The past decade has brought numerous female country artists who have riddled their songs with pop overtones. The Southern Sisters Tour is a reminder that Alabama’s country scene is full of talented, young women who are not scared to create original songs that maintain traditional country sensibilities.
This tour will bring three of the state’s most promising up-and-comers to Old 27 Grill for an evening of acoustic-infused sounds. Elizabeth Green will travel from Randolph, Ala., with a batch of heartfelt country tunes accented by her pristine vocals.
Megan McMillan will represent Perry County. Pulling inspiration from Loretta Lynn and Waylon Jennings, McMillan will be releasing her debut EP in spring of 2014.
Foley’s Christina Christian will complete this homegrown trio. According to Christian, this tour is a chance to expose as many as possible to their music. Christian went on to explain that the birth of this tour actually occurred in Foley on a country night at Good Time Charlie’s.
“We basically just hit it off,” Christian said. “We just became sisters just like that. That’s how we really met. We’ve kept in touch over the course of the past year through email. Me and Megan were like, ‘You know, we should do a tour.’ So, we just booked it by ourselves, and we have 15 dates for March and April.”
For Christian, this is just another step in a journey that began when she picked up the guitar at 12. Her affection for the guitar eventually blended with her love for writing poetry. This combination resulted in the birth of a singer-songwriter. Various aspects of her life evolved into her original music. Conversations, relationships and even movies became fodder for her songs. Christian found that her car was an excellent place for musical creation.

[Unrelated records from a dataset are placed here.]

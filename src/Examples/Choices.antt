-- ===== src/Examples/Choices.antt =====
-- What a run recommends, and the choice between results.
use mathlib.Core.List.{Memᴰ}
use queryforge.Prelude.{
  ℕ, ◌≡◌, ◌&&◌, refl, Option, true, false, some, none, [], ◌∷◌, List, All, bytes_eq, to_lower,
  fields, join, member,
}
use queryforge.Prelude.Int.{ℤ, pos}
use queryforge.Prelude.Float.{thousandths, thousandths-IsOrdered}
use queryforge.Engine.{equal}
use queryforge.Sql.Shape.{same_shape, table_set, check_columns, first_outside}
use queryforge.Optimizer.{
  Verdict, accepted, rejected, nothing, Result, normalize_sql, verify, establish_baseline,
  check_text, check_shape, check_results, check_speed, is_faster, improvement_pct, max_float,
}
use queryforge.Optimizer.Indexes.{IndexExperiment}
use queryforge.Optimizer.Pipeline.{
  Report, run, after_baseline, rule_candidates, take_proposals, pick_best, verify_all, verifier,
  is_accepted,
}
use queryforge.Optimizer.Pipeline.Best.{pick_best-some}
use queryforge.Optimizer.Pipeline.Recommend.{Recommended, report_or, run-recommends-only-proven}
use queryforge.Optimizer.Pipeline.Backing.{AreBacked, run-recommends-only-backed}
use queryforge.Examples.Data.{original, base, candidate, parts, options}

-- A result with a verdict and an improvement.
abbrev scored : Verdict → ℕ → Result ℤ
scored v n = record {
  candidate = candidate;
  verdict = v;
  reason = none;
  detail = nothing;
  baseline_median_ms = pos 100000;
  candidate_median_ms = pos 40000;
  speedup_factor = pos 2500;
  improvement_pct = pos n;
  baseline_cost = pos 0;
  candidate_cost = pos 0;
  results_identical = true;
  row_count = 3;
  candidate_plan = [];
}

abbrev results : List (Result ℤ)
results = scored accepted 20 ∷ scored rejected 90 ∷ scored accepted 60 ∷ []

pick_best-some_example :
    Memᴰ (scored accepted 60) results
    × (is_accepted accepted ≡ true)
    × All
        (λ (r : Result ℤ).
          (is_accepted r.verdict && thousandths.lt (pos 60) r.improvement_pct) ≡ false)
        results
unfolding pick_best
pick_best-some_example =
    pick_best-some thousandths thousandths-IsOrdered results (scored accepted 60) refl

abbrev blank : Report ℤ (IndexExperiment ℤ)
blank = record {
  original_sql = [];
  fingerprint = [];
  schema = record { tables = [] };
  findings = [];
  baseline = base;
  candidates = [];
  indexes = [];
  best = none;
  llm_used = false;
}

-- The report of a run.
abbrev answer : Report ℤ (IndexExperiment ℤ)
answer = report_or blank (run thousandths parts options original 0).0

run-recommends-only-backed_example :
    AreBacked thousandths parts options answer.baseline answer.indexes
unfolding run after_baseline establish_baseline bytes_eq
run-recommends-only-backed_example =
    run-recommends-only-backed thousandths parts options original 0 answer refl

abbrev best_or : Result ℤ → Option (Result ℤ) → Result ℤ
best_or d none = d
best_or d (some b) = b

run-recommends-only-proven_example :
    Recommended thousandths
      (verifier parts options)
      answer.baseline
      (best_or (scored rejected 0) answer.best)
unfolding run after_baseline establish_baseline rule_candidates take_proposals verify_all verify
    check_text check_shape check_results check_speed is_faster improvement_pct max_float same_shape
    table_set first_outside check_columns equal pick_best normalize_sql bytes_eq member to_lower
    join fields
run-recommends-only-proven_example =
    run-recommends-only-proven thousandths thousandths-IsOrdered parts options original 0 answer
      (best_or (scored rejected 0) answer.best) refl refl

“It’s crazy how many things pop into your head with you’ve got no one else on the road with you,” Christian said. “You think of a lot of different things. Every week, I’m starting five or six new songs.”
Many singer-songwriters tend to keep their performances on the local level. Christian has a different attitude towards touring. It is not uncommon for her to travel great distances, sometimes for no monetary compensation. For her, it is all about getting her music to new audiences. Her confidence in her music is enough to keep her moving forward. Christian has taken her music across the Southeast with performances in Tennessee, Georgia, Florida and Alabama.

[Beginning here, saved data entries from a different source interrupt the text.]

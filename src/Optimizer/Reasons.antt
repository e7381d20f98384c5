-- ===== src/Optimizer/Reasons.antt =====
-- What every result of the verification gate carries.
use queryforge.Prelude.{
  ◌≡◌, refl, ◌⊎◌, true, Option, none, some, bytes_eq, Bool-cases, inl, inr, arith,
}
use queryforge.Prelude.Float.{FloatOps}
use queryforge.Engine.{Outcome, done, fault, Measurement, ResultHash, equal}
use queryforge.Sql.{Statement, not_read_only, unparseable, Parsed, parsed, refused}
use queryforge.Sql.Shape.{ShapeError, same_shape}
use queryforge.Optimizer.{
  accepted, rejected, Reason, does_not_parse, is_not_read_only, shape_mismatch, result_mismatch,
  not_faster, timed_out, identical, execution_error, Detail, Candidate, Result, Baseline, Verifier,
  normalize_sql, is_faster, untested, with_timing, decide, check_speed, check_results, check_shape,
  check_text, verify,
}

module _ {F E : Type 0} (fl : FloatOps F) (v : Verifier F E) (base : Baseline F)
    (c : Candidate) where
  -- The candidate's checksum run, and its timing run after it.
  abbrev hashed : E → Outcome ResultHash × E
  hashed e = v.engine.checksum c.sql base.ordered e

  abbrev timed : E → Outcome (Measurement F) × E
  timed e = v.engine.measure c.sql v.runs (hashed e).1

  -- A result is accepted without a reason and with identical results, or rejected with a reason.
  abbrev pub Coherent : Result F → Type 0
  Coherent res =
      ((res.verdict ≡ accepted) × (res.reason ≡ none) × (res.results_identical ≡ true))
      ⊎ ((res.verdict ≡ rejected) × (r : Reason) × (res.reason ≡ some r))

  speed-Coherent :
      (res : Result F) (o : Outcome (Measurement F))
      → res.reason ≡ none
      → res.results_identical ≡ true
      → Coherent (check_speed fl v base c res o)
  unfolding check_speed
  speed-Coherent res (fault t) p q = inr (refl, execution_error, refl)
  speed-Coherent res (done m) p q = elim (Bool-cases m.timed_out) [
    | inl late ↦ rw late (inr (refl, timed_out, refl))
    | inr fine ↦ rw fine (decided (is_faster fl v.min_improvement_pct base.measured m))
  ]
    where
      decided :
          (o : Option (Detail F))
          → Coherent (decide fl v base c m (with_timing fl v base c m res) o)
      decided none = inl (refl, p, q)
      decided (some why) = inr (refl, not_faster, refl)

  results-Coherent :
      (res : Result F) (o : Outcome ResultHash) (e : E)
      → res.reason ≡ none
      → Coherent (check_results fl v base c res o e).0
  unfolding check_results
  results-Coherent res (fault t) e p = inr (refl, execution_error, refl)
  results-Coherent res (done h) e p = elim (Bool-cases (equal (some base.checksum) (some h))) [
    | inl same ↦ rw same (speed-Coherent (record res { results_identical = true }) _ p refl)
    | inr other ↦ rw other (inr (refl, result_mismatch, refl))
  ]

  shape-Coherent :
      (res : Result F) (o : Option ShapeError) (e : E)
      → res.reason ≡ none
      → Coherent (check_shape fl v base c res o e).0
  unfolding check_shape
  shape-Coherent res (some why) e p = inr (refl, shape_mismatch, refl)
  shape-Coherent res none e p = results-Coherent res (hashed e).0 (hashed e).1 p

  text-Coherent :
      (res : Result F) (o : Parsed Statement) (e : E)
      → res.reason ≡ none
      → Coherent (check_text fl v base c res o e).0
  unfolding check_text
  text-Coherent res (refused (not_read_only t)) e p = inr (refl, is_not_read_only, refl)
  text-Coherent res (refused (unparseable t)) e p = inr (refl, does_not_parse, refl)
  text-Coherent res (parsed st) e p =
      elim (Bool-cases (bytes_eq (normalize_sql st.sql) (normalize_sql base.statement.sql))) [
        | inl copy ↦ rw copy (inr (refl, identical, refl))
        | inr new ↦ rw new (shape-Coherent res (same_shape base.statement st) e p)
      ]

  -- On every path of the gate the result is either accepted, with no reason and with results proven
  -- identical, or rejected with a reason.
  pub verify-Coherent : (e : E) → Coherent (verify fl v base c e).0
  unfolding verify
  verify-Coherent e = text-Coherent (untested fl base c) (v.parse c.sql) e refl

  candidate-speed :
      (res : Result F) (o : Outcome (Measurement F))
      → (check_speed fl v base c res o).candidate ≡ res.candidate
  unfolding check_speed
  candidate-speed res (fault t) = refl
  candidate-speed res (done m) = ground arith

  candidate-results :
      (res : Result F) (o : Outcome ResultHash) (e : E)
      → (check_results fl v base c res o e).0.candidate ≡ res.candidate
  unfolding check_results
  candidate-results res (fault t) e = refl
  candidate-results res (done h) e = ground (
    arith,
    candidate-speed (record res { results_identical = true }) (v.engine.measure c.sql v.runs e).0,
  )

  candidate-shape :
      (res : Result F) (o : Option ShapeError) (e : E)
      → (check_shape fl v base c res o e).0.candidate ≡ res.candidate
  unfolding check_shape
  candidate-shape res (some why) e = refl
  candidate-shape res none e = candidate-results res (hashed e).0 (hashed e).1

  candidate-text :
      (res : Result F) (o : Parsed Statement) (e : E)
      → (check_text fl v base c res o e).0.candidate ≡ res.candidate
  unfolding check_text
  candidate-text res (refused (not_read_only t)) e = refl
  candidate-text res (refused (unparseable t)) e = refl
  candidate-text res (parsed st) e =
      ground (arith, candidate-shape res (same_shape base.statement st) e)

  -- A result carries the candidate that it was made for.
  pub candidate-verify : (e : E) → (verify fl v base c e).0.candidate ≡ c
  unfolding verify
  candidate-verify e = candidate-text (untested fl base c) (v.parse c.sql) e
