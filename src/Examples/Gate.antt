-- ===== src/Examples/Gate.antt =====
-- The verification gate and the shape check on a rewrite that is accepted and on a copy.
use queryforge.Prelude.{
  ◌≡◌, ◌↔◌, ap, subst, none, [], ◌∷◌, Bytes, codes, bytes_eq, bytes_eq_refl, true, false,
}
use queryforge.Prelude.Float.{thousandths}
use queryforge.Sql.{Statement, Parsed, parsed, refused}
use queryforge.Sql.Shape.{same_shape, SameShape, same_shape_iff}
use queryforge.Optimizer.{verify, accepted, rejected, normalize_sql}
use queryforge.Optimizer.Gate.{Proven, verify-accepts-iff-Proven, verify-runs-only-checked}
use queryforge.Optimizer.Reasons.{Coherent, verify-Coherent}
use queryforge.Optimizer.Pipeline.{verifier}
use queryforge.Examples.Data.{original, statement_of, base, candidate, copy, parts, options}

verify-accepts-iff-Proven_example :
    ((verify thousandths (verifier parts options) base candidate 0).0.verdict ≡ accepted)
    ↔ Proven thousandths (verifier parts options) base candidate 0
verify-accepts-iff-Proven_example =
    verify-accepts-iff-Proven thousandths (verifier parts options) base candidate 0

abbrev text_of : Parsed Statement → Bytes
text_of (parsed st) = st.sql
text_of (refused why) = []

only_copies :
    (st : Statement)
    → parsed (statement_of original) ≡ parsed st
    → same_shape base.statement st ≡ none
    → bytes_eq (normalize_sql st.sql) (normalize_sql base.statement.sql) ≡ true
only_copies st h shape =
    subst (λ b. bytes_eq (normalize_sql b) (normalize_sql original) ≡ true) (ap text_of h)
      (bytes_eq_refl (normalize_sql original))

verify-runs-only-checked_example :
    ((verify thousandths (verifier parts options) base copy 4).1 ≡ 4)
    × ((verify thousandths (verifier parts options) base copy 4).0.verdict ≡ rejected)
unfolding bytes_eq
verify-runs-only-checked_example =
    verify-runs-only-checked thousandths (verifier parts options) base copy 4 only_copies

verify-Coherent_example :
    Coherent thousandths
      (verifier parts options)
      base
      candidate
      (verify thousandths (verifier parts options) base candidate 0).0
verify-Coherent_example = verify-Coherent thousandths (verifier parts options) base candidate 0

-- A statement with a column and a table, in upper or lower case.
abbrev named : Bytes → Bytes → Statement
named column name = record (statement_of original) {
  output_cols = column ∷ [];
  select_star = false;
  tables = record { schema = codes "public"; name = name; alias = [] } ∷ [];
}

same_shape_iff_example :
    (same_shape (named (codes "a") (codes "T")) (named (codes "A") (codes "t")) ≡ none)
    ↔ SameShape (named (codes "a") (codes "T")) (named (codes "A") (codes "t"))
same_shape_iff_example =
    same_shape_iff (named (codes "a") (codes "T")) (named (codes "A") (codes "t"))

“The past two years, I’ve been really pushing my career,” Christian said. “So far, it’s taken me to places that I never would’ve thought that I would be at this point.”

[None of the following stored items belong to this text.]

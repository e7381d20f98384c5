-- ===== src/Store/Lifecycle.antt =====
-- What holds of every row of the jobs table between two operations, whatever the order of the
-- operations and whatever becomes of their statements.
use queryforge.Prelude.{
  ℕ, zero, suc, ◌≤◌, ◌<◌, ◌≡◌, true, false, List, [], ◌∷◌, All, All-append, All-update_where, Bytes,
  arith,
}
use queryforge.Prelude.Float.{FloatOps}
use queryforge.Prelude.Int.{ℤ, pos, negsuc}
use queryforge.Store.{
  queued, running, retrying, failed, Job, has_room, Jobs, Result, Link, up, down, lost, send,
  claimable, claimed, reclaimed, failed_once, completed, create_job, new_job, insert_job, claim_job,
  complete_job, mark_failure, reclaim_stale,
}

-- The claims that a limit allows: a first one is not refused, whatever the limit.
abbrev pub allowed : ℤ → ℕ
allowed (pos zero) = 1
allowed (pos (suc n)) = suc n
allowed (negsuc n) = 1

-- `attempts` against `max_attempts` in each status.
pub record IsSound {F J : Type 0} (j : Job F J) : Type 0 where
  pub capped : j.attempts ≤ allowed j.max_attempts
  pub fresh : j.status ≡ queued → j.attempts ≡ 0
  pub started : j.status ≡ running → 0 < j.attempts
  pub retriable : j.status ≡ retrying → has_room j ≡ true
  pub spent : j.status ≡ failed → has_room j ≡ false

-- An operation with its arguments and the fate of its statements.
pub data Op (F J : Type 0) : Type 0 where
  create : Link → Link → Job F J → ℕ → ℕ → Op F J
  claim : Link → Link → ℕ → ℕ → Op F J
  complete : Link → ℕ → J → F → F → F → ℕ → ℕ → Op F J
  fail : Link → ℕ → Bytes → ℕ → Op F J
  reclaim : Link → ℕ → ℕ → Op F J

module _ {F J : Type 0} where
  unfoldable pub apply : FloatOps F → Op F J → Jobs F J → Jobs F J
  apply fl (create l m j fresh now) s = (create_job fl l m j fresh now s).1
  apply fl (claim l m i now) s = (claim_job l m i now s).1
  apply fl (complete l i report a b c d now) s = (complete_job l i report a b c d now s).1
  apply fl (fail l i cause now) s = (mark_failure l i cause now s).1
  apply fl (reclaim l lease now) s = (reclaim_stale l lease now s).1

  unfoldable pub apply_all : FloatOps F → List (Op F J) → Jobs F J → Jobs F J
  unfolding apply
  apply_all fl [] s = s
  apply_all fl (o ∷ os) s = apply_all fl os (apply fl o s)

module _ {F J : Type 0} where
  -- A statement leaves the table as it was or as its effect says.
  pub All-send :
      {A : Type 0} (P : Job F J → Type 0) (link : Link) (s s' : Jobs F J) (r : Result A)
      → All P s
      → All P s'
      → All P (send link s (r, s')).1
  All-send P up s s' r h h' = h'
  All-send P down s s' r h h' = h
  All-send P lost s s' r h h' = h'

  claimed-IsSound :
      (i now : ℕ) (j : Job F J) → IsSound j → claimable i j ≡ true → IsSound (claimed now j)
  claimed-IsSound i now j h c = ground arith

  failed_once-IsSound :
      (cause : Bytes) (now : ℕ) (j : Job F J) → IsSound j → IsSound (failed_once cause now j)
  failed_once-IsSound cause now j h = ground arith

  reclaimed-IsSound : (now : ℕ) (j : Job F J) → IsSound j → IsSound (reclaimed now j)
  reclaimed-IsSound now j h = ground arith

  completed-IsSound :
      (report : J) (a b c : F) (d now : ℕ) (j : Job F J)
      → IsSound j
      → IsSound (completed report a b c d now j)
  completed-IsSound report a b c d now j h = ground arith

  new_job-IsSound :
      (fl : FloatOps F) (j : Job F J) (fresh now : ℕ) → IsSound (new_job fl j fresh now)
  unfolding new_job
  new_job-IsSound fl j fresh now = ground arith

  insert_job-IsSound :
      (row : Job F J) (s : Jobs F J)
      → IsSound row
      → All IsSound s
      → All IsSound (insert_job row s).1
  unfolding insert_job
  insert_job-IsSound row s hr h = ground (arith, All-append IsSound s (row ∷ []) h (hr, tt))

  apply-IsSound :
      (fl : FloatOps F) (o : Op F J) (s : Jobs F J) → All IsSound s → All IsSound (apply fl o s)
  unfolding apply create_job claim_job complete_job mark_failure reclaim_stale
  apply-IsSound fl (create l m j fresh now) s h =
      let row = new_job fl j fresh now in
      All-send IsSound l s (insert_job row s).1 (insert_job row s).0 h
        (insert_job-IsSound row s (new_job-IsSound fl j fresh now) h)
  apply-IsSound fl (claim l m i now) s h =
      All-send IsSound l s _ _ h (All-update_where IsSound _ _ s (claimed-IsSound i now) h)
  apply-IsSound fl (complete l i report a b c d now) s h =
      All-send IsSound l s _ _ h (
        All-update_where IsSound _ _ s (λ j sound _. completed-IsSound report a b c d now j sound)
          h)
  apply-IsSound fl (fail l i cause now) s h =
      All-send IsSound l s _ _ h
        (All-update_where IsSound _ _ s (λ j sound _. failed_once-IsSound cause now j sound) h)
  apply-IsSound fl (reclaim l lease now) s h =
      All-send IsSound l s _ _ h
        (All-update_where IsSound _ _ s (λ j sound _. reclaimed-IsSound now j sound) h)

  apply_all-IsSound :
      (fl : FloatOps F) (os : List (Op F J)) (s : Jobs F J)
      → All IsSound s
      → All IsSound (apply_all fl os s)
  unfolding apply_all
  apply_all-IsSound fl [] s h = h
  apply_all-IsSound fl (o ∷ os) s h =
      apply_all-IsSound fl os (apply fl o s) (apply-IsSound fl o s h)

  -- After any operations on an empty table, in any order, concurrent or repeated, and whatever
  -- statements were lost, every row is sound: a job never has more attempts than `max_attempts`, or
  -- than one where that limit is below one, a queued job has none, a running job has one at least, a
  -- retrying job has one left, and a failed job has none left.
  pub jobs_stay-IsSound : (fl : FloatOps F) (os : List (Op F J)) → All IsSound (apply_all fl os [])
  jobs_stay-IsSound fl os = apply_all-IsSound fl os [] tt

This drive to excel in the music industry solidified as a freshman at Troy University. As a Music Industry major, Christian spent one year at Troy learning about concert production and songwriting. However, this self-proclaimed risk-taker decided after one year of college that she should devote her focus to her personal career. She returned home and began booking performances at various venues. Eventually, her reputation began to grow throughout the Southeast.
“Honestly, during that year, I took what I needed from college, and I’m applying that to what I do,” Christian said. “I just needed that one year of college to know that I didn’t need a degree to do this. I knew at the end of that first year that if were to stay in college, then I wouldn’t be where I am today. I know that it was a great decision.”
When it comes to her career, Christian has not been idle. Currently, she is totally DIY. She is her own manager and booking agent, though recently she has been in talks with a booking agency.
She has also been preparing for the April release of her extended play album “Hope.” Christian travelled to the outskirts of Muscle Shoals to record at Studio 144 in Killen, Ala. Local session musicians such as bassist Mel Knapp and drummer David Donald (Hillbilly Deluxe) joined Christian in the studio. West Virginia’s Dave McCormick (a regular at the Frank Brown Songwriters Festival) also lent his talents on the lap steel, Dobro, lead guitar and mandolin for the creation of “Hope.”
The musical background of each musician created what Christian called a “cool vibe” in the studio. Knapp comes from a rock background, and Donald focuses on country. McCormick brought the mountain sounds of West Virginia to the mix. The group had only four days to record this album, and Christian will be the first to admit that it was “crunch time.” On her own, Christian spent 12 hours a day working in the studio. She found this intense creation experience to be a perfect introduction to her future endeavors in the studio.
“It was a cool process, but I was also like, ‘This is what we’re going to do, and this is how it’s going to be when I really start recording in Nashville,’” said Christian.
The public has been able to sample this album at her live performances and on her website. Songs such as “Weathered Love” and “With or Without You” conjures up the twang of the old school while maintaining a fresh attitude towards the genre. This allows Christian to transcend several generations of country fans.
Her music has also been reaching the right outlets. According to Christian, she will be signing a beneficial publishing deal before the end of March.
Until the release of “Hope,” locals can catch Christian at one of her numerous gigs across the Southeast, including the Southern Sisters Tour at the Old 27 Grill. If this trio of songstresses meets their goal, then they should have many new fans by the end of the tour.
“We put this together to share fans and spread our music throughout Alabama,” Christian said. “So far, it’s got a lot of attention, so we’re really happy that it came together like it has. We can’t wait to play everywhere down here. It’s going to be a lot of fun.”
Band: Southern Sisters Tour
Date: Thursday, March 27 at 6:30 p.m.